**PROBLEM TO WORK ON:** Print each record below character for character.

(Stored items)
---------------
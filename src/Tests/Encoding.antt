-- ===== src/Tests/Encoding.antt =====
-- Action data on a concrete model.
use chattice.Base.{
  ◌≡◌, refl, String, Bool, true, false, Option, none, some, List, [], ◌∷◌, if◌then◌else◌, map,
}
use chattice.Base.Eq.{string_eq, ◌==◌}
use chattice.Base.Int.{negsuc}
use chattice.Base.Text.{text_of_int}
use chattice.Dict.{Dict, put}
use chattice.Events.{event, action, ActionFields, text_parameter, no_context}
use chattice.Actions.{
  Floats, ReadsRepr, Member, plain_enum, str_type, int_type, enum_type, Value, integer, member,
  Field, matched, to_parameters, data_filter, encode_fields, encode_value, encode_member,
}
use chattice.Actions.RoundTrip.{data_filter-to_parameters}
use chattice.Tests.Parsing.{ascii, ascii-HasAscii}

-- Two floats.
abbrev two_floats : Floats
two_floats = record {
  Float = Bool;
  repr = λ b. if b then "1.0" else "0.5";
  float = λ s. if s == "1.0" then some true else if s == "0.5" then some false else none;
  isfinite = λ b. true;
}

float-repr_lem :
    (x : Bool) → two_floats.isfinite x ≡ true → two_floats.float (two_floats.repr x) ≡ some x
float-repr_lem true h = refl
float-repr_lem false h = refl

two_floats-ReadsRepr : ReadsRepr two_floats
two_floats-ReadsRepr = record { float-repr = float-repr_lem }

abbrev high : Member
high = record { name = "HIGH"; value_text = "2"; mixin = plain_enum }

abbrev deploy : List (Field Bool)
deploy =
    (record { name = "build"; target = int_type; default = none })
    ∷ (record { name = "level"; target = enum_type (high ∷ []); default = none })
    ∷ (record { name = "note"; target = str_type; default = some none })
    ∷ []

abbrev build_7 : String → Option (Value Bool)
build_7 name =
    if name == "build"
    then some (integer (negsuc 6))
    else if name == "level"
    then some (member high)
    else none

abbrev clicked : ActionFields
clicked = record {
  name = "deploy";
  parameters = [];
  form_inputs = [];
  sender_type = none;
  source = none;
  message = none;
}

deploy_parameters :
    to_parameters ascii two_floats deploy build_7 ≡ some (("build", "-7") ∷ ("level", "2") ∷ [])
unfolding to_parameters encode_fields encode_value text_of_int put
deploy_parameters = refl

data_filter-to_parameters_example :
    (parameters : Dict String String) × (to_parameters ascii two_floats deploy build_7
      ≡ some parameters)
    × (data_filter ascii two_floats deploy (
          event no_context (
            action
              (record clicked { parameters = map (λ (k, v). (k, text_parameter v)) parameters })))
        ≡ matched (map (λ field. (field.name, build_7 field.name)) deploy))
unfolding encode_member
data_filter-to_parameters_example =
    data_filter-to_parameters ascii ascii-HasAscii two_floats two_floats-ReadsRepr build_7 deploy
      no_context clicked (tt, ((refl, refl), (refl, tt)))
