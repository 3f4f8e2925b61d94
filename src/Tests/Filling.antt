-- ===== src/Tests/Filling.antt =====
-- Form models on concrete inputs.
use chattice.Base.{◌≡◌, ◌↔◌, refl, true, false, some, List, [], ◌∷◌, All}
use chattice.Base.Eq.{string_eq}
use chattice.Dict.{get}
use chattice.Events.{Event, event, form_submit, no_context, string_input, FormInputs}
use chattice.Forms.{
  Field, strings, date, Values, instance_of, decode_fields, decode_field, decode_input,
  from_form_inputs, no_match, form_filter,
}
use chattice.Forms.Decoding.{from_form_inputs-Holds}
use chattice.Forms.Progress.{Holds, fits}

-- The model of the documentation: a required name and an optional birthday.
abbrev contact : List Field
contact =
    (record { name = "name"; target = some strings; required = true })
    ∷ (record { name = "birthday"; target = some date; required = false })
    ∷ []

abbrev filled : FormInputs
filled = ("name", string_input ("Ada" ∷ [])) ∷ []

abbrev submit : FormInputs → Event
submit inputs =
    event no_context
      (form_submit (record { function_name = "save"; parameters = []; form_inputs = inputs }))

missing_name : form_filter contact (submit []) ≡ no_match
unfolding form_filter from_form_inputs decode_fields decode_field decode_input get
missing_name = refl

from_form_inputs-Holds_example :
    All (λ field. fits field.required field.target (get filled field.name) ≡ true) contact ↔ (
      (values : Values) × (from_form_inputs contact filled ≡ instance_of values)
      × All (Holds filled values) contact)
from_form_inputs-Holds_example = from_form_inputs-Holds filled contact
---------------
**COMPLETED TASK:**
filename src/Tests/Encoding.antt
-- ===== src/Tests/Encoding.antt =====
-- Action data on a concrete model.
use chattice.Base.{
  ◌≡◌, refl, String, Bool, true, false, Option, none, some, List, [], ◌∷◌, if◌then◌else◌, map,
}
use chattice.Base.Eq.{string_eq, ◌==◌}
use chattice.Base.Int.{negsuc}
use chattice.Base.Text.{text_of_int}
use chattice.Dict.{Dict, put}
use chattice.Events.{event, action, ActionFields, text_parameter, no_context}
use chattice.Actions.{
  Floats, ReadsRepr, Member, plain_enum, str_type, int_type, enum_type, Value, integer, member,
  Field, matched, to_parameters, data_filter, encode_fields, encode_value, encode_member,
}
use chattice.Actions.RoundTrip.{data_filter-to_parameters}
use chattice.Tests.Parsing.{ascii, ascii-HasAscii}

-- Two floats.
abbrev two_floats : Floats
two_floats = record {
  Float = Bool;
  repr = λ b. if b then "1.0" else "0.5";
  float = λ s. if s == "1.0" then some true else if s == "0.5" then some false else none;
  isfinite = λ b. true;
}

float-repr_lem :
    (x : Bool) → two_floats.isfinite x ≡ true → two_floats.float (two_floats.repr x) ≡ some x
float-repr_lem true h = refl
float-repr_lem false h = refl

two_floats-ReadsRepr : ReadsRepr two_floats
two_floats-ReadsRepr = record { float-repr = float-repr_lem }

abbrev high : Member
high = record { name = "HIGH"; value_text = "2"; mixin = plain_enum }

abbrev deploy : List (Field Bool)
deploy =
    (record { name = "build"; target = int_type; default = none })
    ∷ (record { name = "level"; target = enum_type (high ∷ []); default = none })
    ∷ (record { name = "note"; target = str_type; default = some none })
    ∷ []

abbrev build_7 : String → Option (Value Bool)
build_7 name =
    if name == "build"
    then some (integer (negsuc 6))
    else if name == "level"
    then some (member high)
    else none

abbrev clicked : ActionFields
clicked = record {
  name = "deploy";
  parameters = [];
  form_inputs = [];
  sender_type = none;
  source = none;
  message = none;
}

deploy_parameters :
    to_parameters ascii two_floats deploy build_7 ≡ some (("build", "-7") ∷ ("level", "2") ∷ [])
unfolding to_parameters encode_fields encode_value text_of_int put
deploy_parameters = refl

data_filter-to_parameters_example :
    (parameters : Dict String String) × (to_parameters ascii two_floats deploy build_7
      ≡ some parameters)
    × (data_filter ascii two_floats deploy (
          event no_context (
            action
              (record clicked { parameters = map (λ (k, v). (k, text_parameter v)) parameters })))
        ≡ matched (map (λ field. (field.name, build_7 field.name)) deploy))
unfolding encode_member
data_filter-to_parameters_example =
    data_filter-to_parameters ascii ascii-HasAscii two_floats two_floats-ReadsRepr build_7 deploy
      no_context clicked (tt, ((refl, refl), (refl, tt)))
repository 3f4f8e2925b61d94
filename src/Tests/Filling.antt
-- ===== src/Tests/Filling.antt =====
-- Form models on concrete inputs.
use chattice.Base.{◌≡◌, ◌↔◌, refl, true, false, some, List, [], ◌∷◌, All}
use chattice.Base.Eq.{string_eq}
use chattice.Dict.{get}
use chattice.Events.{Event, event, form_submit, no_context, string_input, FormInputs}
use chattice.Forms.{
  Field, strings, date, Values, instance_of, decode_fields, decode_field, decode_input,
  from_form_inputs, no_match, form_filter,
}
use chattice.Forms.Decoding.{from_form_inputs-Holds}
use chattice.Forms.Progress.{Holds, fits}

-- The model of the documentation: a required name and an optional birthday.
abbrev contact : List Field
contact =
    (record { name = "name"; target = some strings; required = true })
    ∷ (record { name = "birthday"; target = some date; required = false })
    ∷ []

abbrev filled : FormInputs
filled = ("name", string_input ("Ada" ∷ [])) ∷ []

abbrev submit : FormInputs → Event
submit inputs =
    event no_context
      (form_submit (record { function_name = "save"; parameters = []; form_inputs = inputs }))

missing_name : form_filter contact (submit []) ≡ no_match
unfolding form_filter from_form_inputs decode_fields decode_field decode_input get
missing_name = refl

from_form_inputs-Holds_example :
    All (λ field. fits field.required field.target (get filled field.name) ≡ true) contact ↔ (
      (values : Values) × (from_form_inputs contact filled ≡ instance_of values)
      × All (Holds filled values) contact)
from_form_inputs-Holds_example = from_form_inputs-Holds filled contact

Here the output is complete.